**Provided records:**
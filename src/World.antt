-- ===== src/World.antt =====
-- The state that the backup engine works on: the files of the destination, its manifest, and what
-- the environment has been asked for. Every effect on the files or the manifest takes one unit of
-- `power`; without any left it does not take place.
pub mod Rules
pub mod Store
pub mod Rows
use pi_mobile_photobackup.Prelude.{
  ℕ, suc, ◌-◌, Text, Bytes, Bool, true, false, Option, none, some, ◌==◌, if◌then◌else◌,
}
use pi_mobile_photobackup.Effects.{
  Error, Result, ok, raise, Exec, integrity_error, power_loss, os_error, file_not_found,
}
use pi_mobile_photobackup.Files.{Files}
use pi_mobile_photobackup.Manifest.{Manifest}

pub record World : Type 0 where
  pub files : Files
  pub db : Manifest
  pub power : ℕ
  -- how many source files were opened, how many partial copies written
  pub opened : ℕ
  pub written : ℕ

-- What reading a source file gives: it is gone, it reads to its end, or reading it fails after some
-- bytes were delivered.
pub data SourceRead : Type 0 where
  missing : SourceRead
  readable : Bytes → SourceRead
  fails_at : Bytes → SourceRead

-- The card and the disk: what the n-th opening of a source path delivers (a card may answer
-- differently each time), and what is on the device after the n-th write of some bytes.
pub record Environment : Type 0 where
  pub reads : ℕ → Text → SourceRead
  pub lands : ℕ → Bytes → Bytes

abbrev pub Action : Type 0 → Type 0
Action A = Exec World A

unfoldable pub on_files : (Files → Files) → Action (Unit {0})
on_files change w =
    if w.power == 0
    then (raise power_loss, w)
    else (ok tt, record w { files = change w.files; power = w.power - 1 })

unfoldable pub on_db : {A : Type 0} → (Manifest → A × Manifest) → Action A
on_db change w =
    if w.power == 0
    then (raise power_loss, w)
    else (let (a, db) = change w.db in (ok a, record w { db = db; power = w.power - 1 }))

abbrev committed : {A : Type 0} → World → Option (A × Manifest) → Result A × World
committed w none = (raise integrity_error, w)
committed w (some (a, db)) = (ok a, record w { db = db; power = w.power - 1 })

-- A statement that may break a constraint, and then changes nothing.
unfoldable pub try_db : {A : Type 0} → (Manifest → Option (A × Manifest)) → Action A
try_db change w = if w.power == 0 then (raise power_loss, w) else committed w (change w.db)

unfoldable pub open_source : Environment → Text → Action SourceRead
open_source env path w = (ok (env.reads w.opened path), record w { opened = suc w.opened })

-- `except OSError`
abbrev pub is_os_error : Error → Bool
is_os_error os_error = true
is_os_error file_not_found = true
is_os_error _ = false
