-- ===== src/Journal.antt =====
-- aethereal/backup/manifest_journal.py: the finalize journal of one job.
use pi_mobile_photobackup.Prelude.{ℕ, Text}
use pi_mobile_photobackup.Effects.{◌>>=◌}
use pi_mobile_photobackup.Identity.{ContentIdentity}
use pi_mobile_photobackup.Manifest.{
  upsert_content_identity, upsert_content_object_pending, mark_content_object_verified,
  insert_session_entry, finalize_session_entry, entry_pending,
}
use pi_mobile_photobackup.World.{Action, on_db, try_db}

unfoldable pub record_pending_finalize : Text → ContentIdentity → Text → Text → Text → Action ℕ
record_pending_finalize job_id identity temp_path final_path session_path = do
  identity_id ← on_db (upsert_content_identity identity)
  object_id ← on_db (upsert_content_object_pending identity_id final_path temp_path)
  try_db (insert_session_entry job_id object_id session_path entry_pending)

unfoldable pub mark_verified : Text → ContentIdentity → Text → Text → Action ℕ
mark_verified job_id identity object_path session_path = do
  identity_id ← on_db (upsert_content_identity identity)
  object_id ← on_db (mark_content_object_verified identity_id object_path)
  try_db (finalize_session_entry job_id object_id session_path)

**Work required:** In the data above, find the line that contains "-- The card", then reproduce exactly every line from the first line through that line.

**Exercise output:**
filename src/World.antt
-- ===== src/World.antt =====
-- The state that the backup engine works on: the files of the destination, its manifest, and what
-- the environment has been asked for. Every effect on the files or the manifest takes one unit of
-- `power`; without any left it does not take place.
pub mod Rules
pub mod Store
pub mod Rows
use pi_mobile_photobackup.Prelude.{
  ℕ, suc, ◌-◌, Text, Bytes, Bool, true, false, Option, none, some, ◌==◌, if◌then◌else◌,
}
use pi_mobile_photobackup.Effects.{
  Error, Result, ok, raise, Exec, integrity_error, power_loss, os_error, file_not_found,
}
use pi_mobile_photobackup.Files.{Files}
use pi_mobile_photobackup.Manifest.{Manifest}

pub record World : Type 0 where
  pub files : Files
  pub db : Manifest
  pub power : ℕ
  -- how many source files were opened, how many partial copies written
  pub opened : ℕ
  pub written : ℕ

-- What reading a source file gives: it is gone, it reads to its end, or reading it fails after some
-- bytes were delivered.
pub data SourceRead : Type 0 where
  missing : SourceRead
  readable : Bytes → SourceRead
  fails_at : Bytes → SourceRead

-- The card and the disk: what the n-th opening of a source path delivers (a card may answer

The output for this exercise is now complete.